● Exercise instructions:
For the listing below, print exactly the lines from the line with "id label t).1" to the line with "answer_offer-Allowed c' before id (some", both included, and nothing beyond them.

● Raw data:
'''
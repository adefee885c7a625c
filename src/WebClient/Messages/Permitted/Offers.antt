-- ===== src/WebClient/Messages/Permitted/Offers.antt =====
-- rtpconn/webclient.go: offers and answers need at most the permission "present".
use galene.Base.{
  refl, double_negation, ◌≡◌, Bool, true, false, not, Option, none, some, List, [], ◌++◌,
  if◌then◌else◌, Text, bytes,
}
use galene.Base.Dict.{find}
use galene.WebClient.{
  UpConnection, DownConnection, WebClient, ClientMessage, Failure, user_error, Effect, Outcome,
  Environment, has,
}
use galene.WebClient.Connections.{
  Done, is_blank, del_up_conn, add_new_up, add_up_found, add_up_conn, negotiate, send_offer,
  offer_message, put_down,
}
use galene.WebClient.Signalling.{
  replace_up, answer_offer, offer_added, got_offer, failure_text, offer_failed, negotiated,
  is_needed, is_restart, answer_taken, answer_found, got_answer, renegotiate_found,
}
use galene.WebClient.Messages.{handle_offer, offer_refused}
use galene.WebClient.Messages.Permitted.{
  permitted, Allowed, Allowed-append, Allowed-if, Allowed-branch, written-Allowed,
  write_last-Allowed, report-Allowed, del_up_conn-Allowed, close_down_conn-Allowed,
  fail_up_connection-Allowed,
}

module _ (e : Environment) (c : WebClient) where
  add_new_up-Allowed :
      (c' : WebClient) (id label : Text) (t : Option Text)
      → has c (bytes "present") ≡ true
      → Allowed e c (add_new_up e c' id label t).1
  unfolding permitted
  add_new_up-Allowed c' id label (some t) h = tt
  add_new_up-Allowed c' id label none h = (h, tt)

  add_up_found-Allowed :
      (c' : WebClient) (id label : Text) (d : Option DownConnection) (u : Option UpConnection)
      → has c (bytes "present") ≡ true
      → Allowed e c (add_up_found e c' id label d u).1
  add_up_found-Allowed c' id label (some d) u h = tt
  add_up_found-Allowed c' id label none (some u) h = tt
  add_up_found-Allowed c' id label none none h = add_new_up-Allowed c' id label e.new_connection h

  replace_up-Allowed :
      (c' : WebClient) (id replace : Text) → Allowed e c (replace_up c' id replace).1
  replace_up-Allowed c' id replace =
      Allowed-if e c (λ (r : WebClient × List Effect). r.1) (is_blank replace) _ _ (λ _. tt)
        (λ _. del_up_conn-Allowed e c _ replace c'.id false)

  answer_offer-Allowed :
      (c' : WebClient) (before : List Effect) (id : Text) (t : Option Text)
      → Allowed e c before
      → Allowed e c (answer_offer e c' before id t).effects
  answer_offer-Allowed c' before id (some t) h = h
  answer_offer-Allowed c' before id none h = write_last-Allowed e c c' before _ h refl

  offer_added-Allowed :
      (r : Done) (id replace : Text)
      → Allowed e c r.1
      → Allowed e c (offer_added e r id replace).effects
  offer_added-Allowed (c', before, some f) id replace h = h
  offer_added-Allowed (c', before, none) id replace h =
      answer_offer-Allowed _ _ id e.sdp_failure
        (Allowed-append e c before _ h (replace_up-Allowed c' id replace))

  got_offer-Allowed :
      (id label replace : Text)
      → has c (bytes "present") ≡ true
      → Allowed e c (got_offer e c id label replace).effects
  unfolding got_offer add_up_conn
  got_offer-Allowed id label replace h =
      offer_added-Allowed (add_up_conn e c id label) id replace
        (add_up_found-Allowed c id label (find id c.down) (find id c.up) h)

  offer_failed-Allowed :
      (id : Text) (f : Option Failure) (o : Outcome)
      → Allowed e c o.effects
      → Allowed e c (offer_failed e id f o).effects
  offer_failed-Allowed id none o h = h
  offer_failed-Allowed id (some f) o h =
      fail_up_connection-Allowed e c o.client o.effects id (failure_text f) h

  offer_refused-Allowed : (m : ClientMessage) → Allowed e c (offer_refused e c m).effects
  offer_refused-Allowed m =
      let dropped : Done =
        if is_blank m.replace then (c, [], none) else del_up_conn c m.replace c.id true in
      let es : Allowed e c dropped.1 =
        Allowed-if e c (λ (r : Done). r.1) (is_blank m.replace) _ _ (λ _. tt)
          (λ _. del_up_conn-Allowed e c c m.replace c.id true) in
      report-Allowed e c dropped.0 _ (user_error (bytes "not authorised"))
        (Allowed-append e c dropped.1 _ es (written-Allowed e c _ refl))

  pub handle_offer-Allowed : (m : ClientMessage) → Allowed e c (handle_offer e c m).effects
  unfolding handle_offer
  handle_offer-Allowed m =
      Allowed-branch e c (is_blank m.id) _ _ (λ _. tt)
        (λ _.
          Allowed-branch e c (not (has c (bytes "present"))) _ _ (λ _. offer_refused-Allowed m)
            (λ h.
              let o = got_offer e c m.id m.label m.replace in
              offer_failed-Allowed m.id o.failure (record o { failure = none })
                (got_offer-Allowed m.id m.label m.replace
                  (double_negation (has c (bytes "present")) h))))

  -- Negotiation only sends an offer to the client.
  send_offer-Allowed :
      (d : DownConnection) (replace : Text) (t : Option Text)
      → Allowed e c (send_offer e d replace t).1
  send_offer-Allowed d replace (some t) = tt
  send_offer-Allowed d replace none = written-Allowed e c (offer_message d replace) refl

  pub negotiate-Allowed :
      (d : DownConnection) (restart : Bool) (replace : Text)
      → Allowed e c (negotiate e d restart replace).1
  unfolding negotiate
  negotiate-Allowed d restart replace =
      Allowed-if e c (λ (r : DownConnection × List Effect × Option Failure). r.1) d.offered _ _
        (λ _. tt) (λ _. send_offer-Allowed d replace e.sdp_failure)

  pub negotiated-Allowed :
      (c' : WebClient) (before : List Effect) (r : DownConnection × List Effect × Option Failure)
      → Allowed e c before
      → Allowed e c r.1
      → Allowed e c (negotiated e c' before r).effects
  negotiated-Allowed c' before (d, es, none) h k = Allowed-append e c before es h k
  negotiated-Allowed c' before (d, es, some f) h k =
      close_down_conn-Allowed e c (put_down c' d) (before ++ es) d.id (failure_text f)
        (Allowed-append e c before es h k)

  answer_taken-Allowed :
      (d : DownConnection) (t : Option Text) → Allowed e c (answer_taken e c d t).effects
  answer_taken-Allowed d (some t) = close_down_conn-Allowed e c c [] d.id t tt
  answer_taken-Allowed d none =
      let d' : DownConnection = record d { offered = false } in
      let again = negotiate e d' (is_restart d.negotiation) [] in
      Allowed-branch e c (is_needed d.negotiation) _ _
        (λ _.
          negotiated-Allowed (put_down c d') [] again tt
            (negotiate-Allowed d' (is_restart d.negotiation) []))
        (λ _. tt)

  pub got_answer-Allowed : (id : Text) → Allowed e c (got_answer e c id).effects
  unfolding got_answer
  got_answer-Allowed id = found (find id c.down)
    where
      found : (d : Option DownConnection) → Allowed e c (answer_found e c id d).effects
      found none = close_down_conn-Allowed e c c [] id [] tt
      found (some d) = answer_taken-Allowed d e.sdp_failure

  pub renegotiate_found-Allowed :
      (d : Option DownConnection) → Allowed e c (renegotiate_found e c d).effects
  renegotiate_found-Allowed none = tt
  renegotiate_found-Allowed (some d) = negotiated-Allowed c [] _ tt (negotiate-Allowed d true [])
'''
● Result of this task:
      → Allowed e c (add_new_up e c' id label t).1
  unfolding permitted
  add_new_up-Allowed c' id label (some t) h = tt
  add_new_up-Allowed c' id label none h = (h, tt)

  add_up_found-Allowed :
      (c' : WebClient) (id label : Text) (d : Option DownConnection) (u : Option UpConnection)
      → has c (bytes "present") ≡ true
      → Allowed e c (add_up_found e c' id label d u).1
  add_up_found-Allowed c' id label (some d) u h = tt
  add_up_found-Allowed c' id label none (some u) h = tt
  add_up_found-Allowed c' id label none none h = add_new_up-Allowed c' id label e.new_connection h

  replace_up-Allowed :
      (c' : WebClient) (id replace : Text) → Allowed e c (replace_up c' id replace).1
  replace_up-Allowed c' id replace =
      Allowed-if e c (λ (r : WebClient × List Effect). r.1) (is_blank replace) _ _ (λ _. tt)
        (λ _. del_up_conn-Allowed e c _ replace c'.id false)

  answer_offer-Allowed :
      (c' : WebClient) (before : List Effect) (id : Text) (t : Option Text)
      → Allowed e c before
      → Allowed e c (answer_offer e c' before id t).effects
  answer_offer-Allowed c' before id (some t) h = h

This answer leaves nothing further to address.